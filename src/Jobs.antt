-- ===== src/Jobs.antt =====
-- Persistent jobs: the tables and repository of packages/db/src/index.ts with the constraints of
-- packages/db/migrations/0006_jobs_audit.sql, and the JobService of apps/api/src/jobs.ts.
pub mod Data
pub mod Deployments
pub mod Store
pub mod Rows
pub mod Service
pub mod Outcomes
pub mod Invariant
pub mod Moves
pub mod Evidence
pub mod Safety
pub mod Locks
pub mod Recorded
pub mod Final
pub mod History
pub mod Advance
mod Tests
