-- ===== src/Jobs/Data.antt =====
-- The records of packages/core/src/index.ts that jobs are made of. Identifiers and timestamps are
-- texts; a result is kept as its JSON text.
use ollama_remote_control.Prelude.{ℕ, Bool, true, false, Option}
use ollama_remote_control.Modelfile.Chars.{Text}

pub data JobState : Type 0 where
  queued running cancelling succeeded failed cancelled : JobState

pub JobState-discrete : Discrete JobState
JobState-discrete = hlevel

abbrev pub same_state : JobState → JobState → Bool
same_state queued queued = true
same_state running running = true
same_state cancelling cancelling = true
same_state succeeded succeeded = true
same_state failed failed = true
same_state cancelled cancelled = true
same_state _ _ = false

-- `input.field === undefined`, `null`, or a value.
pub data Update (A : Type 0) : Type 0 where
  unset : Update A
  clear : Update A
  put : A → Update A

pub record StoredJob : Type 0 where
  pub id : Text
  pub target_id : Text
  pub actor_user_id : Text
  pub kind : Text
  pub mutating : Bool
  pub state : JobState
  pub created_at : Text
  pub started_at : Option Text
  pub finished_at : Option Text
  pub result_json : Option Text
  pub error_class : Option Text
  pub exit_code : Option ℕ

-- The optional parts of a transition, `TransitionJobInput` of apps/api/src/jobs.ts.
pub record TransitionInput : Type 0 where
  pub result : Update Text
  pub error_class : Update Text
  pub exit_code : Update ℕ

-- The payload of an event: what `eventPayload` of apps/api/src/jobs.ts serialises, or a JSON text.
pub data Payload : Type 0 where
  state_payload : JobState → TransitionInput → Payload
  json_payload : Text → Payload

-- `Omit<StoredJobEvent, 'sequence'>`
pub record NewEvent : Type 0 where
  pub id : Text
  pub job_id : Text
  pub event_type : Text
  pub payload : Payload
  pub created_at : Text

pub record StoredJobEvent : Type 0 where
  pub event : NewEvent
  pub open event use {id, job_id, event_type, payload, created_at}
  pub sequence : ℕ

pub record JobTransitionUpdate : Type 0 where
  pub state : JobState
  pub started_at : Option Text
  pub finished_at : Option Text
  pub result_json : Option Text
  pub error_class : Option Text
  pub exit_code : Option ℕ

-- What a statement, its trigger, or the check in front of a transaction throws.
pub data StoreError : Type 0 where
  foreign_event foreign_key unique_event unique_job : StoreError
  incomplete_evidence missing_column unknown_revision unverified_source : StoreError
  failed_check unique_deployment : StoreError
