-- ===== src/Jobs/Deployments.antt =====
-- The trigger trg_model_create_verified_deployment of packages/db/migrations/0010_modelfile_deployments.sql:
-- a job of the kind model-create that becomes succeeded leaves a row of `modelfile_deployments`, or the update
-- is aborted. SQLite's functions on texts are a record of parameters; NULL is `none`.
use ollama_remote_control.Prelude.{
  ℕ, Bool, true, false, not, ◌&&◌, ◌||◌, Option, none, some, List, [], ◌∷◌, ◌++◌, leb, ◌==◌,
  text_eq, any, Result, ok, err, ◌>>=◌, ◌>>◌, require,
}
use ollama_remote_control.Modelfile.Chars.{Text, codes, within}
use ollama_remote_control.Jobs.Data.{
  succeeded, same_state, StoredJob, StoreError, incomplete_evidence, missing_column,
  unknown_revision, unverified_source, failed_check, unique_deployment,
}

-- An integer of SQLite: a natural number, or the negative number -(n + 1).
pub data SqlInteger : Type 0 where
  natural negative : ℕ → SqlInteger

-- The functions of SQLite that the trigger calls, at the types that it uses them with: `json_extract` is
-- compared with 1, or fills a column of texts or of integers. The second argument is a path.
pub record SqlFunctions : Type 0 where
  pub json_valid : Text → Bool
  pub json_type : Text → Text → Option Text
  pub extract_is_one : Text → Text → Option Bool
  pub extract_text : Text → Text → Option Text
  pub extract_integer : Text → Text → Option SqlInteger
  pub lower : Text → Text
  pub sql_length : Text → ℕ

-- The columns of `modelfile_revisions` that a deployment refers to.
pub record Revision : Type 0 where
  pub id : Text
  pub modelfile_id : Text
  pub content_sha256 : Text

-- A row of `modelfile_deployments`.
pub record Deployment : Type 0 where
  pub id : Text
  pub target_id : Text
  pub modelfile_id : Text
  pub revision_id : Text
  pub revision_sha256 : Text
  pub output_model : Text
  pub model_digest : Text
  pub size_bytes : SqlInteger
  pub base_model : Text
  pub source_create_job_id : Text
  pub actor_user_id : Text
  pub selected_container_id : Text
  pub verified_at : Text

-- A comparison by `<>`, which is NULL where its left side is.
abbrev differs : Option Text → Text → Option Bool
differs none t = none
differs (some s) t = some (not (text_eq s t))

abbrev negated : Option Bool → Option Bool
negated none = none
negated (some b) = some (not b)

-- `CASE WHEN` takes its branch where the condition is true, and not where it is NULL.
abbrev holds : Option Bool → Bool
holds (some true) = true
holds _ = false

abbrev text_paths : List Text
text_paths =
    codes "$.modelfileId"
    ∷ codes "$.revisionId"
    ∷ codes "$.revisionSha256"
    ∷ codes "$.outputModel"
    ∷ codes "$.digest"
    ∷ codes "$.baseModel"
    ∷ codes "$.selectedContainerId"
    ∷ []

-- The condition of the trigger's `RAISE(ABORT, …)` behind `NEW.finished_at IS NULL`. Of a result that is
-- NULL every comparison is NULL.
unfoldable pub result_incomplete : SqlFunctions → Option Text → Bool
result_incomplete f none = false
result_incomplete f (some result) =
    not (f.json_valid result)
    || holds (negated (f.extract_is_one result (codes "$.verified")))
    || any (λ path. holds (differs (f.json_type result path) (codes "text"))) text_paths
    || holds (differs (f.json_type result (codes "$.sizeBytes")) (codes "integer"))

abbrev pub is_null : Option Text → Bool
is_null none = true
is_null (some t) = false

-- `NOT NULL`
abbrev column : {A : Type 0} → Option A → Result StoreError A
column none = err missing_column
column (some a) = ok a

-- The row that the trigger inserts.
unfoldable pub deployment_of : SqlFunctions → StoredJob → Result StoreError Deployment
deployment_of f job = do
  result ← column job.result_json
  modelfile_id ← column (f.extract_text result (codes "$.modelfileId"))
  revision_id ← column (f.extract_text result (codes "$.revisionId"))
  revision_sha256 ← column (f.extract_text result (codes "$.revisionSha256"))
  output_model ← column (f.extract_text result (codes "$.outputModel"))
  digest ← column (f.extract_text result (codes "$.digest"))
  size_bytes ← column (f.extract_integer result (codes "$.sizeBytes"))
  base_model ← column (f.extract_text result (codes "$.baseModel"))
  selected_container_id ← column (f.extract_text result (codes "$.selectedContainerId"))
  verified_at ← column job.finished_at
  ok (record {
    id = job.id;
    target_id = job.target_id;
    modelfile_id = modelfile_id;
    revision_id = revision_id;
    revision_sha256 = f.lower revision_sha256;
    output_model = output_model;
    model_digest = f.lower digest;
    size_bytes = size_bytes;
    base_model = base_model;
    source_create_job_id = job.id;
    actor_user_id = job.actor_user_id;
    selected_container_id = selected_container_id;
    verified_at = verified_at;
  })

-- `length(x) = 64 AND x = lower(x) AND x NOT GLOB '*[^0-9a-f]*'`
abbrev is_sha256 : SqlFunctions → Text → Bool
is_sha256 f x =
    f.sql_length x == 64
    && text_eq x (f.lower x)
    && not (any (λ c. not (within b'0' b'9' c || within b'a' b'f' c)) x)

abbrev is_natural : SqlInteger → Bool
is_natural (natural n) = true
is_natural (negative n) = false

-- `length(x) BETWEEN 1 AND limit`
abbrev has_length : SqlFunctions → ℕ → Text → Bool
has_length f limit x = leb 1 (f.sql_length x) && leb (f.sql_length x) limit

-- The constraints `CHECK` of the table.
unfoldable pub meets_checks : SqlFunctions → Deployment → Bool
meets_checks f d =
    is_sha256 f d.revision_sha256
    && has_length f 512 d.output_model
    && is_sha256 f d.model_digest
    && is_natural d.size_bytes
    && has_length f 512 d.base_model
    && has_length f 128 d.selected_container_id

abbrev pub is_revision : Deployment → Revision → Bool
is_revision d r =
    text_eq r.id d.revision_id
    && text_eq r.modelfile_id d.modelfile_id
    && text_eq r.content_sha256 d.revision_sha256

abbrev pub model_create : Text
model_create = codes "model-create"

-- A job that the trigger trg_modelfile_deployments_revision_integrity takes for the source.
abbrev pub is_source : Deployment → StoredJob → Bool
is_source d job =
    text_eq job.id d.source_create_job_id
    && text_eq job.target_id d.target_id
    && text_eq job.actor_user_id d.actor_user_id
    && text_eq job.kind model_create
    && same_state job.state succeeded

-- A row meets the primary key or the unique column.
abbrev same_deployment : Deployment → Deployment → Bool
same_deployment d row =
    text_eq row.id d.id || text_eq row.source_create_job_id d.source_create_job_id

-- The insertion, with the trigger in front of it and the constraints of the table. Its foreign keys are
-- those of the source job and of the revision.
unfoldable pub insert_deployment :
    SqlFunctions
    → List Revision
    → List StoredJob
    → List Deployment
    → Deployment
    → Result StoreError (List Deployment)
insert_deployment f revisions jobs deployments d = do
  require (any (is_revision d) revisions) unknown_revision
  require (any (is_source d) jobs) unverified_source
  require (meets_checks f d) failed_check
  require (not (any (same_deployment d) deployments)) unique_deployment
  ok (deployments ++ (d ∷ []))

-- The condition `WHEN` of the trigger, on the row before and after an update.
abbrev pub needs_deployment : StoredJob → StoredJob → Bool
needs_deployment before after =
    text_eq after.kind model_create
    && same_state after.state succeeded
    && not (same_state before.state succeeded)

-- The body of the trigger.
unfoldable pub record_deployment :
    SqlFunctions
    → List Revision
    → List StoredJob
    → List Deployment
    → StoredJob
    → Result StoreError (List Deployment)
record_deployment f revisions jobs deployments job = do
  require (not (is_null job.finished_at || result_incomplete f job.result_json)) incomplete_evidence
  d ← deployment_of f job
  insert_deployment f revisions jobs deployments d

**WHAT THE EXERCISE ASKS:**
Copy each line containing the word "negated" from the data.

**TASK RESULT:**
abbrev negated : Option Bool → Option Bool
negated none = none
negated (some b) = some (not b)
    || holds (negated (f.extract_is_one result (codes "$.verified")))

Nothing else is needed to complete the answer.